See www.cheltonflightsystems.com for a certified implementation of the NASA idea. An inexpensive system for experimental airplanes is available from www.bluemountainavionics.com.
I also took a 10 day IFR course by going to a commercial flight school. I took two weeks off work and signed up with a flight school in Ft. Worth for their 10 day course, and stayed with a relative while there. Each day consisted of an hour of classroom work with the instructor, time with their simulator, a review with the instructor, then time in their plane, then a debrief and review. Evenings consisted of study of the procedures and regulations, although I had passed the IFR written exam before starting the course. The school also let me come in early each day and get some free simulator time on my own.

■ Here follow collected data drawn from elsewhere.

-- ===== src/Table.antt =====
-- The `std::unordered_map`s of the program whose keys are texts, as association lists: a later entry
-- for a key stands in place of the earlier one.
use casterisk.Prelude.{
  ◌≡◌, refl, ap, Bool, true, false, List, [], ◌∷◌, Option, none, some, Text, text_eq, text_eq_iff,
  if◌then◌else◌, arith, All, Bool-cases, inl, inr, subst,
}

module _ {ℓ} {V : Type ℓ} where
  -- `find`
  unfoldable pub find : Text → List (Text × V) → Option V
  find k [] = none
  find k ((j, v) ∷ m) = if text_eq j k then some v else find k m

  -- `m[k] = v`
  unfoldable pub insert : Text → V → List (Text × V) → List (Text × V)
  insert k v [] = (k, v) ∷ []
  insert k v ((j, w) ∷ m) = if text_eq j k then (k, v) ∷ m else (j, w) ∷ insert k v m

  pub find-insert :
      (k j : Text) (v : V) (m : List (Text × V))
      → find j (insert k v m) ≡ (if text_eq k j then some v else find j m)
  unfolding find insert
  find-insert k j v [] = refl
  find-insert k j v ((i, w) ∷ m) =
      ground (arith, text_eq_iff k j, text_eq_iff i k, text_eq_iff i j, find-insert k j v m)

module _ {ℓ κ} {V : Type ℓ} (P : V → Type κ) where
  abbrev value : V → Option V → V
  value w none = w
  value w (some v) = v

  -- What all values have, a value that is found has, and an insertion of such a value keeps it.
  pub find-All :
      (k : Text) (m : List (Text × V)) {v : V} → All (λ e. P e.1) m → find k m ≡ some v → P v
  unfolding find
  find-All k [] h e = absurd (cc)
  find-All k ((j, w) ∷ m) h e = elim (Bool-cases (text_eq j k)) [
    | inl t ↦ subst P (ap (value w) (found w (find k m) t e)) h.0
    | inr f ↦ find-All k m h.1 (missed w (find k m) f e)
  ]
    where
      found :
          {b : Bool} {v : V} (w : V) (o : Option V)
          → b ≡ true
          → (if b then some w else o) ≡ some v
          → some w ≡ some v
      found w o t e = ground arith

      missed :
          {b : Bool} {v : V} (w : V) (o : Option V)
          → b ≡ false
          → (if b then some w else o) ≡ some v
          → o ≡ some v
      missed w o f e = ground arith

  pub insert-All :
      (k : Text) (v : V) (m : List (Text × V))
      → P v
      → All (λ e. P e.1) m
      → All (λ e. P e.1) (insert k v m)
  unfolding insert
  insert-All k v [] p h = (p, tt)
  insert-All k v ((j, w) ∷ m) p h = elim (Bool-cases (text_eq j k)) [
    | inl t ↦ rw (t, insert) (p, h.1)
    | inr f ↦ rw (f, insert) (h.0, insert-All k v m p h.1)
  ]
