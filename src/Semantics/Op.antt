-- ===== src/Semantics/Op.antt =====
-- src/catk/semantics/op.{hpp,cpp}: the operators, their spelling, and the tables that read it.
pub mod Spelling
use casterisk.Prelude.{List, [], ◌∷◌, Text, codes, text_eq}
use casterisk.Table.{find}
use casterisk.Outcome.{Outcome, at}

pub data BinOp : Type 0 where
  bop_add bop_sub bop_mul bop_div bop_mod bop_and bop_or bop_xor : BinOp
  bop_lt bop_gt bop_eq bop_le bop_ge bop_ne : BinOp

pub data UnaryOp : Type 0 where
  uop_add uop_sub uop_inv uop_deref uop_not uop_addrof : UnaryOp

abbrev pub binop_lookup : List (Text × BinOp)
binop_lookup =
    (codes "+", bop_add)
    ∷ (codes "-", bop_sub)
    ∷ (codes "*", bop_mul)
    ∷ (codes "/", bop_div)
    ∷ (codes "%", bop_mod)
    ∷ (codes "&", bop_and)
    ∷ (codes "|", bop_or)
    ∷ (codes "^", bop_xor)
    ∷ (codes "<", bop_lt)
    ∷ (codes ">", bop_gt)
    ∷ (codes "==", bop_eq)
    ∷ (codes "<=", bop_le)
    ∷ (codes ">=", bop_ge)
    ∷ (codes "!=", bop_ne)
    ∷ []

unfoldable pub ast_str_to_binop : Text → Outcome BinOp
unfolding find text_eq
ast_str_to_binop str = at (find str binop_lookup)

abbrev pub unaryop_lookup : List (Text × UnaryOp)
unaryop_lookup =
    (codes "+", uop_add)
    ∷ (codes "-", uop_sub)
    ∷ (codes "~", uop_inv)
    ∷ (codes "*", uop_deref)
    ∷ (codes "!", uop_not)
    ∷ (codes "&", uop_addrof)
    ∷ []

unfoldable pub ast_str_to_unaryop : Text → Outcome UnaryOp
unfolding find text_eq
ast_str_to_unaryop str = at (find str unaryop_lookup)

-- `std::to_string` of a binary operator; its `default` branch takes no enumerator.
abbrev pub binop_to_string : BinOp → Text
binop_to_string bop_add = codes "+"
binop_to_string bop_sub = codes "-"
binop_to_string bop_mul = codes "*"
binop_to_string bop_div = codes "/"
binop_to_string bop_mod = codes "%"
binop_to_string bop_and = codes "&"
binop_to_string bop_or = codes "|"
binop_to_string bop_xor = codes "^"
binop_to_string bop_lt = codes "<"
binop_to_string bop_gt = codes ">"
binop_to_string bop_eq = codes "=="
binop_to_string bop_le = codes "<="
binop_to_string bop_ge = codes ">="
binop_to_string bop_ne = codes "!="

abbrev pub unaryop_to_string : UnaryOp → Text
unaryop_to_string uop_add = codes "+"
unaryop_to_string uop_sub = codes "-"
unaryop_to_string uop_inv = codes "~"
unaryop_to_string uop_deref = codes "*"
unaryop_to_string uop_not = codes "!"
unaryop_to_string uop_addrof = codes "&"
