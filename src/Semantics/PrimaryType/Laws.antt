-- ===== src/Semantics/PrimaryType/Laws.antt =====
-- The tests on primary types against one another.
use Prim.Native.Nat.{bit_and}
use casterisk.Prelude.{◌%◌, ◌≡◌, refl, true, false, subst, arith, ◌↔◌}
use casterisk.Semantics.PrimaryType.{
  PrimaryType, ordinal, bool, is_int, is_unsigned_int, is_signed_int, is_same_int_signed,
  is_same_int_bits,
}

-- No type counts as an unsigned integer, so every integer type counts as a signed one, `uint8` to
-- `uint64` included.
pub is_unsigned_int-never :
    (t : PrimaryType) → (is_unsigned_int t ≡ false) × (is_signed_int t ≡ is_int t)
unfolding is_int is_unsigned_int is_signed_int
is_unsigned_int-never bool = (refl, refl)
is_unsigned_int-never _ = (refl, refl)

pub ordinal-injective : (s t : PrimaryType) → ordinal s ≡ ordinal t → s ≡ t
ordinal-injective s t h = ground arith

low_bit : (s : PrimaryType) → bit_and (ordinal s) 1 ≡ ordinal s % 2
low_bit bool = refl
low_bit _ = refl

eq_of_same_int :
    (s t : PrimaryType) → is_same_int_bits s t ≡ true → is_same_int_signed s t ≡ true → s ≡ t
unfolding is_same_int_signed is_same_int_bits
eq_of_same_int s t h k = ordinal-injective s t (ground (arith, low_bit s, low_bit t))

is_int_of_same : (s t : PrimaryType) → is_same_int_bits s t ≡ true → is_int s ≡ true
unfolding is_same_int_bits
is_int_of_same s t h = ground arith

same_int_self :
    (s : PrimaryType)
    → is_int s ≡ true
    → (is_same_int_bits s s ≡ true) × (is_same_int_signed s s ≡ true)
unfolding is_same_int_signed is_same_int_bits
same_int_self s h = ground arith

-- Two types have the same bits and the same signedness exactly when they are one integer type.
pub same_int_iff :
    (s t : PrimaryType)
    → ((is_same_int_bits s t ≡ true) × (is_same_int_signed s t ≡ true))
      ↔ ((s ≡ t) × (is_int s ≡ true))
same_int_iff s t = (
  λ (bits, signed). (eq_of_same_int s t bits signed, is_int_of_same s t bits),
  λ (e, int).
      subst (λ (u : PrimaryType). (is_same_int_bits s u ≡ true) × (is_same_int_signed s u ≡ true)) e
        (same_int_self s int),
)
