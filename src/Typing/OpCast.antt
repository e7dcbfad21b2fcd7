-- ===== src/Typing/OpCast.antt =====
-- src/catk/type/op_cast.hpp: the types that the operands of a binary operator are cast to.
use casterisk.Prelude.{◌≤◌, ◌≡◌, ◌⊎◌, ltb, if◌then◌else◌, arith}
use casterisk.Semantics.PrimaryType.{PrimaryType, ordinal}
use casterisk.Semantics.PrimaryType.Laws.{ordinal-injective}

pub record BopCastInfo : Type 0 where
  pub op0 : PrimaryType
  pub op1 : PrimaryType

unfoldable pub bop_cast : PrimaryType → PrimaryType → BopCastInfo
bop_cast op0 op1 =
    let r = if ltb (ordinal op1) (ordinal op0) then op0 else op1 in record { op0 = r; op1 = r }

-- Both operands are cast to one type; it is the type of one of them, and no operand's enumerator is
-- above its enumerator.
pub bop_cast_least :
    (s t : PrimaryType)
    → let r = bop_cast s t in
      (r.op0 ≡ r.op1)
      × ((r.op0 ≡ s) ⊎ (r.op0 ≡ t))
      × (ordinal s ≤ ordinal r.op0)
      × (ordinal t ≤ ordinal r.op0)
unfolding bop_cast
bop_cast_least s t = ground arith

-- The type of the operation depends neither on the order of the operands nor on how a chain of
-- them is bracketed.
pub bop_cast_semilattice :
    (s t u : PrimaryType)
    → (bop_cast s t ≡ bop_cast t s)
      × (bop_cast (bop_cast s t).op0 u ≡ bop_cast s (bop_cast t u).op0)
unfolding bop_cast
bop_cast_semilattice s t u =
    ground (arith, ordinal-injective s t, ordinal-injective t u, ordinal-injective s u)
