-- ===== src/Gateway.antt =====
-- internal/gateway/server.go: the decision API over HTTP. The text of an error message is left out:
-- an error is its status and its code. The authenticator is the one of Auth, and the decisions are
-- those of Decide.
pub mod Numbers
pub mod Surface
pub mod Proxy
pub mod Tenancy
pub mod Waiting
pub mod Routes
mod Tests
use distributed_rate_limiter.Prelude.{
  ℕ, Bool, true, false, not, ◌||◌, Option, none, some, List, [], ◌∷◌, ◌++◌, Text, bytes, text_eq,
  if◌then◌else◌,
}
use distributed_rate_limiter.Prelude.Int.{ℤ, pos, ltb_ℤ, leb_ℤ, ◌==ℤ◌, add64, quot64, rem64}
use distributed_rate_limiter.Prelude.Format.{format_int}
use distributed_rate_limiter.Limiter.Request.{Decision, Result, retry_after, tightest}
use distributed_rate_limiter.Decide.{
  Outcome, Degraded, DecideError, no_tenant, fenced, store_unavailable, cost_exceeds, missing,
  disabled, no_policy,
}
use distributed_rate_limiter.Auth.{
  Headers, Authenticator, AuthResult, Libraries, granted, no_credentials, bad_credentials,
  is_enabled, tenant,
}
use distributed_rate_limiter.Gateway.Numbers.{parse_int}

-- What the handlers read of a request; a query parameter that is missing is the empty string.
pub record HttpRequest : Type 0 where
  pub headers : Headers
  pub parameter : Text → Text
  pub method : Text
  pub path : Text

pub record LimitResponse : Type 0 where
  pub name : Text
  pub limit : ℤ
  pub remaining : ℤ
  pub reset_ms : ℤ
  pub retry_after_ms : ℤ
  pub allowed : Bool

pub record CheckResponse : Type 0 where
  pub allowed : Bool
  pub tenant : Text
  pub policy : Text
  pub node : Text
  pub owner : Text
  pub forwarded : Bool
  pub route : Text
  pub limits : List LimitResponse
  pub limiting : Text
  pub retry_after_ms : ℤ
  pub degraded : Option Degraded

pub data Body : Type 0 where
  error_body : Text → Body
  check_body : CheckResponse → Body

-- A response: the status, the headers that are set in order, and the body.
pub record Response : Type 0 where
  pub status : ℕ
  pub set : List (Text × Text)
  pub body : Body

-- The part of the server that the decision path reads: its id, the switch for the tenant header, and
-- the authenticator, which may be nil.
pub record Server : Type 0 where
  pub node : Text
  pub trust_tenant_header : Bool
  pub authn : Option Authenticator

abbrev pub write_error : ℕ → Text → Response
write_error status code = record { status = status; set = []; body = error_body code }

pub data TenantError : Type 0 where
  auth_error : AuthResult → TenantError
  header_required not_configured : TenantError

pub data Resolved : Type 0 where
  resolved : Text → Resolved
  unresolved : TenantError → Resolved

-- `resolveTenant` past the credentials.
unfoldable pub named_tenant : Server → HttpRequest → Resolved
unfolding is_enabled
named_tenant s r =
    if s.trust_tenant_header
    then (if text_eq (r.headers (bytes "X-Tenant-ID")) []
        then unresolved header_required
        else resolved (r.headers (bytes "X-Tenant-ID")))
    else elim s.authn [
      | none ↦ unresolved not_configured
      | some a ↦
          if is_enabled a then unresolved (auth_error no_credentials) else unresolved not_configured
    ]

-- `resolveTenant`.
unfoldable pub resolve_tenant : Libraries → Server → HttpRequest → Resolved
unfolding named_tenant
resolve_tenant lib s r = elim s.authn [
  | none ↦ named_tenant s r
  | some a ↦
      if is_enabled a
      then elim (tenant lib a r.headers) [
        | granted t ↦ resolved t
        | bad_credentials ↦ unresolved (auth_error bad_credentials)
        | no_credentials ↦ named_tenant s r
      ]
      else named_tenant s r
]

pub data Cost : Type 0 where
  cost_of : ℤ → Cost
  bad_cost : Cost

-- `requestCost` of the string that it found.
unfoldable pub cost_from : Text → Cost
unfolding parse_int
cost_from raw = if text_eq raw [] then cost_of (pos 1) else elim (parse_int raw) [
  | none ↦ bad_cost
  | some c ↦ if ltb_ℤ c (pos 1) then bad_cost else cost_of c
]

-- `requestCost`.
unfoldable pub request_cost : HttpRequest → Cost
unfolding cost_from
request_cost r = cost_from (
    if text_eq (r.headers (bytes "X-RateLimit-Cost")) []
    then r.parameter (bytes "cost")
    else r.headers (bytes "X-RateLimit-Cost"))

-- `writeAuthError`.
unfoldable pub write_auth_error : TenantError → Response
write_auth_error (auth_error bad_credentials) = write_error 401 (bytes "bad_credentials")
write_auth_error (auth_error no_credentials) = record {
  status = 401;
  set = (bytes "WWW-Authenticate", bytes "Bearer realm=\"gateway\"") ∷ [];
  body = error_body (bytes "no_credentials");
}
write_auth_error (auth_error (granted t)) = write_error 400 (bytes "tenant_missing")
write_auth_error header_required = write_error 400 (bytes "tenant_missing")
write_auth_error not_configured = write_error 400 (bytes "tenant_missing")

-- The body when the store cannot be reached; its reason, the error's text, is left out.
abbrev pub no_answer : Server → Text → CheckResponse
no_answer s t = record {
  allowed = false;
  tenant = t;
  policy = [];
  node = s.node;
  owner = [];
  forwarded = false;
  route = [];
  limits = [];
  limiting = [];
  retry_after_ms = pos 0;
  degraded = some (record { reason = []; mode = bytes "closed" });
}

-- `writeDecideError`.
unfoldable pub write_decide_error : Server → Text → DecideError → Response
write_decide_error s t missing = write_error 404 (bytes "tenant_unknown")
write_decide_error s t disabled = write_error 403 (bytes "tenant_disabled")
write_decide_error s t cost_exceeds = write_error 400 (bytes "cost_too_large")
write_decide_error s t fenced = write_error 503 (bytes "node_behind")
write_decide_error s t no_tenant = write_error 400 (bytes "tenant_missing")
write_decide_error s t store_unavailable = record {
  status = 503;
  set = [];
  body = check_body (no_answer s t);
}
write_decide_error s t no_policy = write_error 503 (bytes "policy_unavailable")

-- `secondsCeil`; the remainder is by a positive number.
unfoldable pub seconds_ceil : ℤ → ℤ
seconds_ceil d = if leb_ℤ d (pos 0) then pos 0 else elim (rem64 d (pos 1000000000)) [
  | none ↦ pos 0
  | some r ↦
      if r ==ℤ pos 0 then quot64 d (pos 1000000000) else add64 (quot64 d (pos 1000000000)) (pos 1)
]

abbrev limit_headers : Option Decision → List (Text × Text)
limit_headers none = []
limit_headers (some d) =
    (bytes "X-RateLimit-Limit", format_int d.limit)
    ∷ (bytes "X-RateLimit-Remaining", format_int d.remaining)
    ∷ (bytes "X-RateLimit-Reset", format_int (seconds_ceil d.reset_after))
    ∷ []

-- `SetRateLimitHeaders`.
unfoldable pub rate_limit_headers : Result → List (Text × Text)
unfolding seconds_ceil
rate_limit_headers r =
    limit_headers (tightest r)
    ++ (if r.allowed
        then []
        else (bytes "Retry-After", format_int (seconds_ceil (retry_after r))) ∷ [])

-- `Milliseconds` of a duration.
abbrev pub milliseconds : ℤ → ℤ
milliseconds d = quot64 d (pos 1000000)

unfoldable pub limit_responses : List Decision → List LimitResponse
limit_responses [] = []
limit_responses (d ∷ ds) =
    record {
      name = d.name;
      limit = d.limit;
      remaining = d.remaining;
      reset_ms = milliseconds d.reset_after;
      retry_after_ms = milliseconds d.retry_after;
      allowed = d.allowed;
    }
    ∷ limit_responses ds

-- `responseFor`.
unfoldable pub response_for : Server → Text → Outcome → CheckResponse
unfolding limit_responses
response_for s t out = record {
  allowed = out.result.allowed;
  tenant = t;
  policy = out.policy.name;
  node = s.node;
  owner = out.owner;
  forwarded = out.forwarded;
  route = [];
  limits = limit_responses out.result.decisions;
  limiting = out.result.limiting;
  retry_after_ms = if out.result.allowed then pos 0 else milliseconds (retry_after out.result);
  degraded = out.degraded;
}
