-- ===== src/Gateway/Proxy.antt =====
-- internal/gateway/proxy.go: the data path. What `ReverseProxy` does with a request is not modelled:
-- a request that is passed on is the route it takes and the headers it has.
use distributed_rate_limiter.Prelude.{
  Bool, false, not, ◌&&◌, ◌||◌, ltb, Option, none, some, List, [], ◌∷◌, ◌++◌, Text, bytes, text_eq,
  length, if◌then◌else◌,
}
use distributed_rate_limiter.Prelude.Int.{ℤ}
use distributed_rate_limiter.Decide.{Query, Answer, answered, failed, Parts, Service, decide}
use distributed_rate_limiter.Policy.{has_prefix}
use distributed_rate_limiter.Auth.{Libraries, Headers, after}
use distributed_rate_limiter.Config.{Route}
use distributed_rate_limiter.Gateway.{
  HttpRequest, Response, Server, resolve_tenant, resolved, unresolved, request_cost, cost_of,
  bad_cost, write_error, write_auth_error, write_decide_error, rate_limit_headers, response_for,
  check_body,
}

-- The loop of `match`, with the best route so far; a route is the one of the configuration.
unfoldable pub match_from : Option Route → Text → List Route → Option Route
unfolding has_prefix
match_from best path [] = best
match_from best path (r ∷ rs) =
    let skip = match_from best path rs in
    let take = match_from (some r) path rs in
    if not (has_prefix path r.path_prefix) then skip else elim best [
      | none ↦ take
      | some b ↦ if ltb (length b.path_prefix) (length r.path_prefix) then take else skip
    ]

-- `match`.
unfoldable pub match : Text → List Route → Option Route
unfolding match_from
match path rs = match_from none path rs

-- `strings.HasSuffix(s, "/")`.
unfoldable pub ends_in_slash : Text → Bool
ends_in_slash [] = false
ends_in_slash (b ∷ []) = text_eq (b ∷ []) (bytes "/")
ends_in_slash (b ∷ c ∷ s) = ends_in_slash (c ∷ s)

-- `singleJoin`.
unfoldable pub single_join : Text → Text → Text
unfolding ends_in_slash after
single_join base rest =
    if text_eq base [] || text_eq base (bytes "/")
    then rest
    else if ends_in_slash base && has_prefix rest (bytes "/")
    then base ++ after 1 rest
    else if not (ends_in_slash base) && not (has_prefix rest (bytes "/"))
    then base ++ (bytes "/" ++ rest)
    else base ++ rest

-- `strings.TrimPrefix`.
unfoldable pub trim_prefix : Text → Text → Text
unfolding after
trim_prefix s prefix = if has_prefix s prefix then after (length prefix) s else s

-- The path that `Rewrite` gives to a request of a route with a strip prefix, from the path of the
-- target.
unfoldable pub stripped_path : Text → Text → Text → Text
unfolding single_join trim_prefix
stripped_path target strip path =
    single_join target
      (if text_eq (trim_prefix path strip) [] then bytes "/" else trim_prefix path strip)

-- What becomes of a request: a response of the gateway's own, or it goes to the route's upstream with
-- these headers, and the response to it has those headers already.
pub data Handled : Type 0 where
  responded : Response → Handled
  proxied : Route → Headers → List (Text × Text) → Handled

-- The headers that the upstream sees.
unfoldable pub upstream_headers : Text → Headers → Headers
upstream_headers t h name =
    if text_eq name (bytes "X-API-Key") || text_eq name (bytes "Authorization")
    then []
    else if text_eq name (bytes "X-Tenant-ID")
    then t
    else h name

abbrev pub proxy_query : HttpRequest → Text → ℤ → Query
proxy_query r t cost = record {
  tenant = t;
  method = r.method;
  path = r.path;
  cost = cost;
  peek = false;
  forwarded = false;
}

-- The end of `handleProxy`.
unfoldable pub answer_proxy : Server → HttpRequest → Route → Text → Answer → Handled
unfolding upstream_headers
answer_proxy s r m t (failed e p) = responded (write_decide_error s t e)
answer_proxy s r m t (answered out) =
    if out.result.allowed
    then proxied m (upstream_headers t r.headers) (rate_limit_headers out.result)
    else responded (record {
      status = 429;
      set = rate_limit_headers out.result;
      body = check_body (record (response_for s t out) { route = m.name });
    })

module _ {S K : Type 0} (parts : Parts S K) (lib : Libraries) where
  -- `handleProxy`, with the routes of the proxy, which may be nil.
  unfoldable pub handle_proxy :
      Server → Option (List Route) → HttpRequest → Service S K → Service S K × Handled
  unfolding match answer_proxy
  handle_proxy s proxy r d = elim proxy [
    | none ↦ (d, responded (write_error 404 (bytes "no_route")))
    | some routes ↦ elim (match r.path routes) [
      | none ↦ (d, responded (write_error 404 (bytes "no_route")))
      | some m ↦ elim (resolve_tenant lib s r) [
        | unresolved e ↦ (d, responded (write_auth_error e))
        | resolved t ↦ elim (request_cost r) [
          | bad_cost ↦ (d, responded (write_error 400 (bytes "bad_cost")))
          | cost_of c ↦
              let (d', a) = decide parts (proxy_query r t c) d in (d', answer_proxy s r m t a)
        ]
      ]
    ]
  ]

This was one of the most difficult things Iíve ever done. There were high winds and turbulence the entire time, the plane seemed to be all over the sky, and thereís just so much to learn.
Even though I already owned a plane, I had to use their plane for the course. In hindsight, that was good because it had all the instruments needed, including an NDB that I donít have. By the end of the course, I could keep the needles centered through all the procedures, and passed the check ride without problems.
Did I feel confident and competent on graduation? No. Not even close. Still, getting the instrument rating improved my flying substantially, and gave me more tools and options. There are a number of larger commercial flight schools around the country, and I suspect they all offer a similar IFR training program. This is an alternative to the PIC approach that you might consider.
-- Ed Owens, April 15, 2002
Ditto. Just passing a test means very little -- and 10 days is hardly enough to count for real experience. To pass a test, perhaps, but not much more than that. Instrument training is truly something to be undertaken deliberately. To race through it is to rob yourself of the ability to develop instincts. Robotic responses and rote answers you might have, but real situational awareness...that's another can of worms.
-- george day, May 1, 2002
>> Most instrument instructors sing the praises of the simulator[...] >> However, chances are that the simulator available to you will be >> very different from your own airplane.
I disagree with this comment for a few reasons.
First, debriefing is an essential part of the learning experience. A huge benefit of the simulator is the ability to review what you've done and where you spectacularly screwed up. WHen you're initially learning the basics of the system, you'll benefit less from being in the noisy cockpit (and actually having to fly -- instrument procedures are less about flying than they are understanding systems).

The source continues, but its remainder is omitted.